BEGIN TASK DATA

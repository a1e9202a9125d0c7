-- ===== src/Share/Settling.antt =====
-- Ack, Nack and the reaping of expired leases (internal/queuelog/share.go).
use boltq.Prelude.{
  ℕ, suc, Bool, not, ◌&&◌, ◌||◌, List, [], ◌∷◌, Option, none, some, ltb, leb, if◌then◌else◌,
  GoString, nat_eq, str_eq,
}
use boltq.Prelude.Dict.{get}
use boltq.Share.{
  rejected, delivered_without_ack, lease_expired_after, Outside, is_acquired, Entry, SharePartition,
  Error, partition_closed, unknown_delivery, not_holder, to_error, release, retire, advance,
  dead_letter,
}

module _ {E : Type 0} ⦃out : Outside E⦄ where
  abbrev pub answer : Bool × SharePartition E → Option Error × SharePartition E
  answer (ok, sp) = (to_error ok, sp)

  unfoldable pub ack_found :
      Option Entry → SharePartition E → GoString → ℕ → Option Error × SharePartition E
  ack_found none sp consumer seq = (some unknown_delivery, sp)
  ack_found (some e) sp consumer seq =
      if not (is_acquired e.state)
      then (some unknown_delivery, sp)
      else if not (str_eq e.holder consumer)
      then (some not_holder, sp)
      else answer (advance (record (retire sp seq) { acked = suc sp.acked }))

  unfoldable pub ack : SharePartition E → GoString → ℕ → Option Error × SharePartition E
  ack sp consumer seq =
      if sp.closed
      then (some partition_closed, sp)
      else ack_found (get sp.entries seq) sp consumer seq

  abbrev pub exhausted : SharePartition E → Entry → Bool
  exhausted sp e = ltb 0 sp.cfg.max_delivery && leb sp.cfg.max_delivery e.count

  unfoldable pub nack_held : SharePartition E → ℕ → Entry → Bool → Option Error × SharePartition E
  nack_held sp seq e requeue =
      if not requeue
      then answer (advance (dead_letter sp seq e rejected))
      else if exhausted sp e
      then answer (advance (dead_letter sp seq e (delivered_without_ack e.count)))
      else (none, release sp seq e)

  unfoldable pub nack_found :
      Option Entry → SharePartition E → GoString → ℕ → Bool → Option Error × SharePartition E
  unfolding nack_held
  nack_found none sp consumer seq requeue = (some unknown_delivery, sp)
  nack_found (some e) sp consumer seq requeue =
      if not (is_acquired e.state)
      then (some unknown_delivery, sp)
      else if not (str_eq e.holder consumer)
      then (some not_holder, sp)
      else nack_held (record sp { nacked = suc sp.nacked }) seq e requeue

  unfoldable pub nack : SharePartition E → GoString → ℕ → Bool → Option Error × SharePartition E
  unfolding nack_found
  nack sp consumer seq requeue =
      if sp.closed
      then (some partition_closed, sp)
      else nack_found (get sp.entries seq) sp consumer seq requeue

  unfoldable pub reap_found : Option Entry → ℕ → SharePartition E → ℕ → SharePartition E
  reap_found none seq sp now = sp
  reap_found (some e) seq sp now =
      let counted = record sp { expired = suc sp.expired } in
      if not (is_acquired e.state) || ltb now e.deadline
      then sp
      else if exhausted sp e
      then dead_letter counted seq e (lease_expired_after e.count)
      else release counted seq e

  -- Over the sequences of the entries, in the order in which the map gives them.
  unfoldable pub reap_all : List (ℕ × Entry) → SharePartition E → ℕ → SharePartition E
  unfolding reap_found
  reap_all [] sp now = sp
  reap_all ((seq, e) ∷ es) sp now = reap_all es (reap_found (get sp.entries seq) seq sp now) now

  -- reapExpiredLocked
  unfoldable pub reap_expired : SharePartition E → ℕ → SharePartition E
  unfolding reap_all
  reap_expired sp now = (advance (reap_all sp.entries sp now)).1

END TASK DATA

Exactly as they appear above, write out all of the lines.

repository a1e9202a9125d0c7
-- ===== src/Share/Settling.antt =====
-- Ack, Nack and the reaping of expired leases (internal/queuelog/share.go).
use boltq.Prelude.{
  ℕ, suc, Bool, not, ◌&&◌, ◌||◌, List, [], ◌∷◌, Option, none, some, ltb, leb, if◌then◌else◌,
  GoString, nat_eq, str_eq,
}
use boltq.Prelude.Dict.{get}
use boltq.Share.{
  rejected, delivered_without_ack, lease_expired_after, Outside, is_acquired, Entry, SharePartition,
  Error, partition_closed, unknown_delivery, not_holder, to_error, release, retire, advance,
  dead_letter,
}

module _ {E : Type 0} ⦃out : Outside E⦄ where
  abbrev pub answer : Bool × SharePartition E → Option Error × SharePartition E
  answer (ok, sp) = (to_error ok, sp)

  unfoldable pub ack_found :
      Option Entry → SharePartition E → GoString → ℕ → Option Error × SharePartition E
  ack_found none sp consumer seq = (some unknown_delivery, sp)
  ack_found (some e) sp consumer seq =
      if not (is_acquired e.state)
      then (some unknown_delivery, sp)
      else if not (str_eq e.holder consumer)
      then (some not_holder, sp)
      else answer (advance (record (retire sp seq) { acked = suc sp.acked }))

  unfoldable pub ack : SharePartition E → GoString → ℕ → Option Error × SharePartition E
  ack sp consumer seq =
      if sp.closed
      then (some partition_closed, sp)
      else ack_found (get sp.entries seq) sp consumer seq

  abbrev pub exhausted : SharePartition E → Entry → Bool
  exhausted sp e = ltb 0 sp.cfg.max_delivery && leb sp.cfg.max_delivery e.count

  unfoldable pub nack_held : SharePartition E → ℕ → Entry → Bool → Option Error × SharePartition E
  nack_held sp seq e requeue =
      if not requeue
      then answer (advance (dead_letter sp seq e rejected))
      else if exhausted sp e
      then answer (advance (dead_letter sp seq e (delivered_without_ack e.count)))
      else (none, release sp seq e)

  unfoldable pub nack_found :
      Option Entry → SharePartition E → GoString → ℕ → Bool → Option Error × SharePartition E
  unfolding nack_held
  nack_found none sp consumer seq requeue = (some unknown_delivery, sp)
  nack_found (some e) sp consumer seq requeue =
      if not (is_acquired e.state)
      then (some unknown_delivery, sp)
      else if not (str_eq e.holder consumer)
      then (some not_holder, sp)
      else nack_held (record sp { nacked = suc sp.nacked }) seq e requeue

  unfoldable pub nack : SharePartition E → GoString → ℕ → Bool → Option Error × SharePartition E
  unfolding nack_found
  nack sp consumer seq requeue =
      if sp.closed
      then (some partition_closed, sp)
      else nack_found (get sp.entries seq) sp consumer seq requeue

  unfoldable pub reap_found : Option Entry → ℕ → SharePartition E → ℕ → SharePartition E
  reap_found none seq sp now = sp
  reap_found (some e) seq sp now =
      let counted = record sp { expired = suc sp.expired } in
      if not (is_acquired e.state) || ltb now e.deadline
      then sp
      else if exhausted sp e
      then dead_letter counted seq e (lease_expired_after e.count)
      else release counted seq e

  -- Over the sequences of the entries, in the order in which the map gives them.
  unfoldable pub reap_all : List (ℕ × Entry) → SharePartition E → ℕ → SharePartition E
  unfolding reap_found
  reap_all [] sp now = sp
  reap_all ((seq, e) ∷ es) sp now = reap_all es (reap_found (get sp.entries seq) seq sp now) now

  -- reapExpiredLocked
  unfoldable pub reap_expired : SharePartition E → ℕ → SharePartition E
  unfolding reap_all
  reap_expired sp now = (advance (reap_all sp.entries sp now)).1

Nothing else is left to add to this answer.